Benson Industries Employees Union-ALU-TUCP vs. Benson Industries, Inc., 732 SCRA 318, G.R.
No. 200746 August 6, 2014

Respondent Benson Industries (BI) is the employer and Petitioner Benson Industries Employees
Union (BIEU) is the Employee-Union. BI sent its employees a notice informing them of their
intended termination from employement due to the closure and cessation of the bussiness
operations.The employees, through BIEU, filed a notice of strike, but i did not push through
because an amicalbe settlement was occured, in which the parties agreed that BI will pay its
employees separation pay, computed 15 days for every year service. Petitioners proffered a
claim for payment of additional separation pat at the rate of 4 days for every year of service,
invoking their Collective Bargaining Agreement (CBA). BI countered that the law does not require
them to pay separation benefits when the closure is due to serious losses, pursuant to Art. 297
of the Labor Code.

Issue:

Whether or not the additional separation pay be given to the employees pursuant to the CBA.

Held:

Yes.

The obligation to pay separation beenefits in this case, is not sourced for law but from the
contract, which is the CBA.

Article 297 of the Labor Code for the reason that the said provision explicitly requires the same
only when the closure is not due to serious business losses; conversely, the obligation is
maintained when the employer’s closure is not due to serious business losses. For a similar
exemption to obtain against a contract, such as a CBA, the tenor of the parties’ agreement ought
to be similar to the law’s tenor. When the parties, however, agree to deviate therefrom, and
unqualifiedly covenant the payment of separation benefits irrespective of the employer’s
financial position, then the obligatory force of that contract prevails and its terms should be
carried out to its full effect. Verily, it is fundamental that obligations arising from contracts have
the force of law between the contracting parties and thus should be complied with in good faith,
the only limitation being that these stipulations, clauses, terms and conditions are not contrary
to law, morals, public order or public policy.

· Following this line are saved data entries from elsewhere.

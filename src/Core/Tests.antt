-- ===== src/Core/Tests.antt =====
-- The theorems of the sessions at a concrete application.
use audio_sync.Base.{ℕ, [], ◌∷◌, ◌≡◌, refl, false, true, none, some, arith}
use audio_sync.Base.Int.{pos, negsuc}
use audio_sync.Fifo.{Fifo}
use audio_sync.Player.OpenSl.{success}
use audio_sync.Player.Init.{Audio, no_mark}
use audio_sync.Core.{
  sender, receiver, Session, Core, deref, start, stop_services, deinit_audio, is_running,
  is_sending, current_presentation_time,
}
use audio_sync.Core.Lifecycle.{stop_services_lem, deinit_audio_lem, start_lem}

abbrev playing : Session
playing = record { kind = receiver; is_running = true; has_threads = true; freed = false }

abbrev one_session : Core
one_session = record {
  sessions = λ i. playing;
  next = 1;
  audio_session = some 0;
  device_latency = negsuc 0;
}

one_session-alive : deref one_session 0 ≡ some playing
unfolding deref
one_session-alive = refl

-- A player in use; its queue has no frames.
abbrev used_fifo : Fifo ℕ
used_fifo = record {
  frame_count = 4;
  frame_count_p2 = 4;
  fudge_factor = 0;
  frame_size = 2;
  buffer = 0 ∷ 0 ∷ 0 ∷ 0 ∷ [];
  front = 0;
  rear = 0;
}

abbrev used_audio : Audio ℕ
used_audio = record {
  device = record {
    calls = [];
    engine_object = true;
    output_mix_object = true;
    player_object = true;
    player_play = true;
  };
  global_samples_per_sec = 48000;
  stream = record { frames_per_buffer = 2; samples_per_sec = 44100; num_channels = 1 };
  rate_permille = pos 1000;
  buffered_frames = 0;
  playback = record {
    fifo = used_fifo;
    marks = [];
    last_mark = no_mark;
    queued_frames = 0;
    temp_buffers = λ i. 0;
    temp_ix = 0;
    sync_time = pos 0;
    accuracy = 0;
    is_playing = false;
    enable_jumps = false;
    started = pos 0;
    drop = pos 0;
    diff = pos 0;
  };
  fifo_buffer = true;
  system_time_offset = pos 0;
  device_latency = pos 0;
}

stop_services_lem_example :
    (c' : Core) × (audio' : Audio ℕ) × (stop_services (λ calls c. success) one_session used_audio
      ≡ some (c', audio'))
    × (is_running c' ≡ some false)
    × (is_sending c' ≡ some false)
    × (current_presentation_time (λ s. 5000) c' ≡ some (negsuc 0))
    × (audio'.device.player_object ≡ false)
stop_services_lem_example =
    stop_services_lem (λ calls c. success) (λ calls c. refl) one_session used_audio (λ s. 5000) 0
      playing refl one_session-alive

deinit_audio_lem_example :
    (c' : Core) × (audio' : Audio ℕ) × (deinit_audio (λ calls c. success) one_session used_audio
      ≡ some (c', audio'))
    × (audio'.device.player_object ≡ false)
    × (audio'.device.output_mix_object ≡ false)
    × (audio'.device.engine_object ≡ false)
    × (is_running c' ≡ none)
    × (stop_services (λ calls c. success) c' audio' ≡ none)
deinit_audio_lem_example =
    deinit_audio_lem (λ calls c. success) (λ calls c. refl) one_session used_audio 0 playing refl
      one_session-alive

start_lem_example :
    (is_running (start sender one_session) ≡ some true)
    × (is_sending (start sender one_session) ≡ some true)
    × (deref (start sender one_session) 0 ≡ some playing)
    × ((start sender one_session).audio_session ≡ some 1)
start_lem_example = start_lem sender one_session 0 playing refl one_session-alive (omega arith)
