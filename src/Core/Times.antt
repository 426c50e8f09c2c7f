-- ===== src/Core/Times.antt =====
-- `CurrentPlaybackTimeUs` of the two kinds of sessions, in app/src/main/jni/SenderSession.cpp and
-- ReceiverSession.cpp, as AudioCore.cpp calls it.
use audio_sync.Base.Int.{ℤ}
use audio_sync.AppPacket.{ClockReading}
use audio_sync.Sender.{current_playback_time_us}
use audio_sync.Player.Init.{Audio, current_playback_time}
use audio_sync.Core.{Kind, sender, receiver}

-- The receiver's is the player's.
unfoldable pub receiver_playback_time_us : {A : Type 0} → Audio A → ℤ
receiver_playback_time_us s = current_playback_time s

-- The virtual call: the clock and `playbackStartUs` for a sender, the player for a receiver.
unfoldable pub playback_time_us : {A : Type 0} → Kind → ClockReading → ℤ → Audio A → ℤ
unfolding receiver_playback_time_us
playback_time_us sender now start s = current_playback_time_us now start
playback_time_us receiver now start s = receiver_playback_time_us s
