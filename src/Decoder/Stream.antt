-- ===== src/Decoder/Stream.antt =====
-- The streaming half of app/src/main/jni/decoder.c: `decoder_enqueueBuffer` and
-- `decoder_dequeueBuffer`.
use audio_sync.Base.{
  ℕ, zero, suc, ◌+◌, ◌-◌, Bool, true, false, not, ◌&&◌, Option, none, some, List, [], ◌∷◌, ◌++◌,
  ltb, leb, ◌==◌, if◌then◌else◌, ◌>>=◌, length, take, drop,
}
use audio_sync.Base.Int.{ℤ, pos, negsuc}
use audio_sync.Ndk.{BufferInfo, Codec, amedia_ok}
use audio_sync.Decoder.{is_ok}

-- Where `inBuffer` points: at the bytes that are left of the caller's data, or past the end of a
-- buffer of the codec.
pub data Source : Type 0 where
  caller : List ℕ → Source
  past_end : Source

-- `memcpy` of `n` bytes; `none` is a read outside of the memory.
unfoldable pub copy_from : Source → ℕ → Option (List ℕ)
copy_from (caller bytes) n = if leb n (length bytes) then some (take n bytes) else none
copy_from past_end n = if n == 0 then some [] else none

-- What was queued to the codec.
pub record Packet : Type 0 where
  pub bytes : List ℕ
  pub timestamp : ℤ
  pub end_of_stream : Bool

pub data Outcome (S : Type 0) : Type 0 where
  done : ℤ → S → List Packet → Outcome S
  fault : Outcome S
  out_of_fuel : Outcome S

-- What `sinkFunc` is called with.
pub record SinkCall : Type 0 where
  pub pcm : List ℕ
  pub playback_time : ℤ

pub record Dequeued (S : Type 0) : Type 0 where
  pub more : Bool
  pub state : S
  pub sink : Option SinkCall

-- The call of `sinkFunc` in `decoder_dequeueBuffer`, if there are bytes.
unfoldable pub deliver : BufferInfo → List ℕ → Option (Option SinkCall)
deliver info bytes = elim info.size [
  | negsuc _ ↦ some none
  | pos n ↦
      if n == 0
      then some none
      else if leb (info.offset + n) (length bytes)
      then some (
          some (record {
            pcm = take n (drop info.offset bytes);
            playback_time = info.presentation_time_us;
          }))
      else none
]

module _ (c : Codec) where
  open c use {
    State, dequeue_input, input_capacity, queue_input, dequeue_output, output_bytes, release_output,
  }

  -- `AMediaCodec_queueInputBuffer`, with what was queued before.
  abbrev pub queue : State → ℕ → List ℕ → ℤ → Bool → List Packet → ℤ × State × List Packet
  queue st idx bytes timestamp eos queued =
      let (status, st') = queue_input st idx bytes timestamp eos in
      (
        status,
        st',
        queued ++ record { bytes = bytes; timestamp = timestamp; end_of_stream = eos } ∷ [],
      )

  -- The branch of `decoder_enqueueBuffer` where the data fits into buffer `idx`, or is cut there.
  unfoldable pub queue_whole : State → ℕ → Source → ℕ → ℤ → List Packet → Outcome State
  queue_whole st idx source n timestamp queued = elim (copy_from source n) [
    | none ↦ fault
    | some bytes ↦
        let (status, st', log) = queue st idx bytes timestamp false queued in done status st' log
  ]

  -- `decoder_enqueueBuffer`. The recursive call takes fuel; it passes a pointer past the end of the
  -- codec's buffer, as the code does.
  unfoldable pub enqueue_buffer : ℕ → State → Source → ℤ → ℤ → List Packet → Outcome State
  enqueue_buffer zero st source size timestamp queued = out_of_fuel
  enqueue_buffer (suc fuel) st source size timestamp queued =
      let (idx, st1) = dequeue_input st in
      elim idx [
        | negsuc _ ↦ done amedia_ok st1 queued
        | pos i ↦ elim size [
          | negsuc _ ↦
              let (status, st2, log) = queue st1 i [] timestamp true queued in done status st2 log
          | pos n ↦
              let capacity = input_capacity st1 i in
              let cut : Outcome State = elim (copy_from source capacity) [
                | none ↦ fault
                | some bytes ↦
                    let (status, st2, log) = queue st1 i bytes timestamp false queued in
                    let rest =
                      enqueue_buffer fuel st2 past_end (pos (n - capacity)) timestamp log in
                    if is_ok status then rest else done status st2 log
              ] in
              if ltb capacity n then cut else queue_whole st1 i source n timestamp queued
        ]
      ]

  -- `decoder_dequeueBuffer`. `info` is not initialised: where the codec has no buffer it holds
  -- whatever was on the stack. `none` is a read outside of the output buffer.
  unfoldable pub dequeue_buffer : BufferInfo → State → Option (Dequeued State)
  unfolding deliver
  dequeue_buffer garbage st =
      let (idx, info, st1) = dequeue_output st in
      elim idx [
        | negsuc _ ↦ some (record { more = not garbage.end_of_stream; state = st1; sink = none })
        | pos i ↦
            let (status, st2) = release_output st1 i in
            deliver info (output_bytes st1 i) >>= λ sink.
            some
              (record { more = is_ok status && not info.end_of_stream; state = st2; sink = sink })
      ]
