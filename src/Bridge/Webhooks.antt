-- ===== src/Bridge/Webhooks.antt =====
-- What a webhook does to the route table: lookups only.
use amail_bridge.Common.{
  ◌≡◌, refl, sym, Option, none, some, List, [], ◌∷◌, Bool-cases, Option-cases, inl, inr, arith,
}
use mathlib.Core.Path.{subst}
use amail_bridge.Std.Text.{Text}
use amail_bridge.Http.{Json, HeaderLib, Client}
use amail_bridge.Router.Route.{ProfileRoute}
use amail_bridge.Router.Table.{Crates}
use amail_bridge.Router.Steps.{Reachable, next, looks}
use amail_bridge.Push.Webhook.{
  State, deliver_found, deliver_to, deliver_entry, deliver_all, fan_out, batch_of,
  handle_batch_webhook, forward_to, handle_single, is_batch, handle_webhook, signatures,
}

module _ (C : Crates) (J : Json) (H : HeaderLib) (N : Client H.Map) where
  abbrev Good : State C J H N → Type 0
  Good st = Reachable C st.router

  deliver_found-router :
      (names : List H.Name) (body email : Text) (entry : J.Value) (o : Option ProfileRoute)
      (st : State C J H N)
      → (deliver_found C J H N names body email entry o st).1.router ≡ st.router
  unfolding deliver_found
  deliver_found-router names body email entry none st = refl
  deliver_found-router names body email entry (some route) st = refl

  forward_to-router :
      (names : List H.Name) (headers : H.Map) (body email : Text) (o : Option ProfileRoute)
      (st : State C J H N)
      → (forward_to C J H N names headers body email o st).1.router ≡ st.router
  unfolding forward_to
  forward_to-router names headers body email none st = refl
  forward_to-router names headers body email (some route) st = refl

  deliver_to-Good :
      (names : List H.Name) (body : Text) (o : Option Text) (entry : J.Value) (st : State C J H N)
      → Good st
      → Good (deliver_to C J H N names body o entry st).1
  unfolding deliver_to
  deliver_to-Good names body none entry st h = h
  deliver_to-Good names body (some email) entry st h =
      subst (Reachable C) (sym (deliver_found-router names body email entry _ _))
        (next h (looks email st.router))

  deliver_all-Good :
      (names : List H.Name) (body : Text) (entries : List J.Value) (st : State C J H N)
      → Good st
      → Good (deliver_all C J H N names body entries st).1
  unfolding deliver_all deliver_entry
  deliver_all-Good names body [] st h = h
  deliver_all-Good names body (entry ∷ entries) st h =
      deliver_all-Good names body entries _ (deliver_to-Good names body _ entry st h)

  fan_out-Good :
      (names : List H.Name) (sigs : List J.Value) (o : Option Text) (st : State C J H N)
      → Good st
      → Good (fan_out C J H N names sigs o st).1
  unfolding fan_out
  fan_out-Good names sigs none st h = h
  fan_out-Good names sigs (some body) st h = deliver_all-Good names body sigs st h

  batch_of-Good :
      (names : List H.Name) (batch : J.Value) (o : Option (List J.Value)) (st : State C J H N)
      → Good st
      → Good (batch_of C J H N names batch o st).1
  unfolding batch_of
  batch_of-Good names batch none st h = h
  batch_of-Good names batch (some sigs) st h = fan_out-Good names sigs _ st h

  handle_batch_webhook-none :
      (names : List H.Name) (body : Text) (st : State C J H N)
      → J.from_slice body ≡ none
      → (handle_batch_webhook C J H N names body st).1 ≡ st
  unfolding handle_batch_webhook
  handle_batch_webhook-none names body st e = ground arith

  handle_batch_webhook-some :
      (names : List H.Name) (body : Text) (st : State C J H N) (batch : J.Value)
      → J.from_slice body ≡ some batch
      → handle_batch_webhook C J H N names body st
        ≡ batch_of C J H N names batch (signatures C J H N batch) st
  unfolding handle_batch_webhook
  handle_batch_webhook-some names body st batch e = ground arith

  handle_batch_webhook-Good :
      (names : List H.Name) (body : Text) (st : State C J H N)
      → Good st
      → Good (handle_batch_webhook C J H N names body st).1
  handle_batch_webhook-Good names body st h = elim (Option-cases (J.from_slice body)) [
    | inl e ↦ rw (handle_batch_webhook-none names body st e) h
    | inr (batch, e) ↦
        rw (handle_batch_webhook-some names body st batch e) (batch_of-Good names batch _ st h)
  ]

  handle_single-Good :
      (names : List H.Name) (headers : H.Map) (body : Text) (o : Option Text) (st : State C J H N)
      → Good st
      → Good (handle_single C J H N names headers body o st).1
  unfolding handle_single
  handle_single-Good names headers body none st h = h
  handle_single-Good names headers body (some email) st h =
      subst (Reachable C) (sym (forward_to-router names headers body email _ _))
        (next h (looks email st.router))

  pub handle_webhook-Reachable :
      (names : List H.Name) (headers : H.Map) (body : Text) (st : State C J H N)
      → Reachable C st.router
      → Reachable C (handle_webhook C J H N names headers body st).1.router
  unfolding handle_webhook
  handle_webhook-Reachable names headers body st h = elim (Bool-cases (is_batch C J H N body)) [
    | inl e ↦ rw e (handle_batch_webhook-Good names body st h)
    | inr e ↦ rw e (handle_single-Good names headers body _ st h)
  ]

It is a familiar and fundamental doctrine in labor law that the CBA is the law between the parties
and they are obliged to comply with its provisions. This principle stands strong and true in the
case at bar.

A collective bargaining agreement refers to the negotiated contract between a legitimate labor
organization and the employer concerning wages, hours of work and all other terms and
conditions of employment in a bargaining unit. As in all contracts, the parties in a CBA may
establish such stipulations, clauses, terms and conditions as they may deem convenient provided
these are not contrary to law, morals, good customs, public order or public policy. Thus, where
the CBA is clear and unambiguous, it becomes the law between the parties and compliance
therewith is mandated by the express policy of the law.

In this case, it was not found that the CBA is not contrary to law, morals, good customs, public
order of public polict, thus it is valid and substisting, and therefore employer is required to pay
the benefits.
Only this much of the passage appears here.